### PROBLEM DETAILS
The required result is every line of the records that includes "printed".

(Stored data)
════════

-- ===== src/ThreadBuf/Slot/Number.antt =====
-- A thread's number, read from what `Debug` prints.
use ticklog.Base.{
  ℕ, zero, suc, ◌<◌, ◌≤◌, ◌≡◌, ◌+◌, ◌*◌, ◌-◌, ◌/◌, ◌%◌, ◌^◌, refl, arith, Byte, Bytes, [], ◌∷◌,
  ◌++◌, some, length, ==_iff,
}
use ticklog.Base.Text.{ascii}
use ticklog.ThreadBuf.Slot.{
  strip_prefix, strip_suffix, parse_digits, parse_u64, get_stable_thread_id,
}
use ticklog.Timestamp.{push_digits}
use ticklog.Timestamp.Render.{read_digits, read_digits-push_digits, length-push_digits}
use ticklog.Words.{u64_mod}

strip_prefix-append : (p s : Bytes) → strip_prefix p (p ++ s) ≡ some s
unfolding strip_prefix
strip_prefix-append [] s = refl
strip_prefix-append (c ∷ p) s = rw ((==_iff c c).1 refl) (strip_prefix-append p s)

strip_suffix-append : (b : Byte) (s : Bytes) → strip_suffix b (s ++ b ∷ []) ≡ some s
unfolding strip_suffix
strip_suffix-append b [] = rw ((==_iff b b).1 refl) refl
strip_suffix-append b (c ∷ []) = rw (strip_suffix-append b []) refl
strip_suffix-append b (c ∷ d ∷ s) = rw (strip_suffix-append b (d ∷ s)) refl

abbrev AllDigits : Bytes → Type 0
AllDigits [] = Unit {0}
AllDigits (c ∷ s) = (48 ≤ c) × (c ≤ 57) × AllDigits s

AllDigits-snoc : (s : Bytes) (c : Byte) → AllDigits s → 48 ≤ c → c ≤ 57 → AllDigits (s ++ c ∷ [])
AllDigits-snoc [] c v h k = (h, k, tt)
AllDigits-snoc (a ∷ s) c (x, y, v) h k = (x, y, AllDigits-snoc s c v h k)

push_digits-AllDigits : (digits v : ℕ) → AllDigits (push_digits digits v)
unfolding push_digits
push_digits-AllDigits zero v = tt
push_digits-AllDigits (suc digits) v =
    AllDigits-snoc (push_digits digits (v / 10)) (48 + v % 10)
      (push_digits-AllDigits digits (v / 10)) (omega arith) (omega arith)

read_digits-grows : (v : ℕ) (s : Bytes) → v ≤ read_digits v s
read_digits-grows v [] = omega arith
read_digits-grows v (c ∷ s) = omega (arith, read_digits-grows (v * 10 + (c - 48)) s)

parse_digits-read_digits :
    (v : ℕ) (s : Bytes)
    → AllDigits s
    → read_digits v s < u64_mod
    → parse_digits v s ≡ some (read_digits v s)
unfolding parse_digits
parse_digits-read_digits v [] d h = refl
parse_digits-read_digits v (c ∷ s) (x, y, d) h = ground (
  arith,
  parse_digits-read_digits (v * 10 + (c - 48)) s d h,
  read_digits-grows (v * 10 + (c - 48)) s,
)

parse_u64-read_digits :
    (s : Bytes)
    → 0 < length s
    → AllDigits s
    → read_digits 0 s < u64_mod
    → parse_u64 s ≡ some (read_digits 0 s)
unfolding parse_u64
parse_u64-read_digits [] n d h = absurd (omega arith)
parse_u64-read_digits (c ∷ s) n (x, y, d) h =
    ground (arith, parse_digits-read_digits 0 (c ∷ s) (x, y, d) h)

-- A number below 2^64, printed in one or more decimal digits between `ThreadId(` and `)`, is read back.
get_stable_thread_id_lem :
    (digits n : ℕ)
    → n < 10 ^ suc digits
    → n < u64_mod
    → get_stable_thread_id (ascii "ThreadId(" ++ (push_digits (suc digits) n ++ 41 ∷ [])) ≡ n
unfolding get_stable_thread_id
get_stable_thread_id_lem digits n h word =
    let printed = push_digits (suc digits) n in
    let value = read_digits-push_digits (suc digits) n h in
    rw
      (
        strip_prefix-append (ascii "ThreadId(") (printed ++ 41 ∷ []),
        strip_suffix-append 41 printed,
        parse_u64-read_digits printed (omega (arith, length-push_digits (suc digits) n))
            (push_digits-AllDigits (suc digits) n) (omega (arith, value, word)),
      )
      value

════════

### ANSWER SECTION
-- A number below 2^64, printed in one or more decimal digits between `ThreadId(` and `)`, is read back.
    let printed = push_digits (suc digits) n in
        strip_prefix-append (ascii "ThreadId(") (printed ++ 41 ∷ []),
        strip_suffix-append 41 printed,
        parse_u64-read_digits printed (omega (arith, length-push_digits (suc digits) n))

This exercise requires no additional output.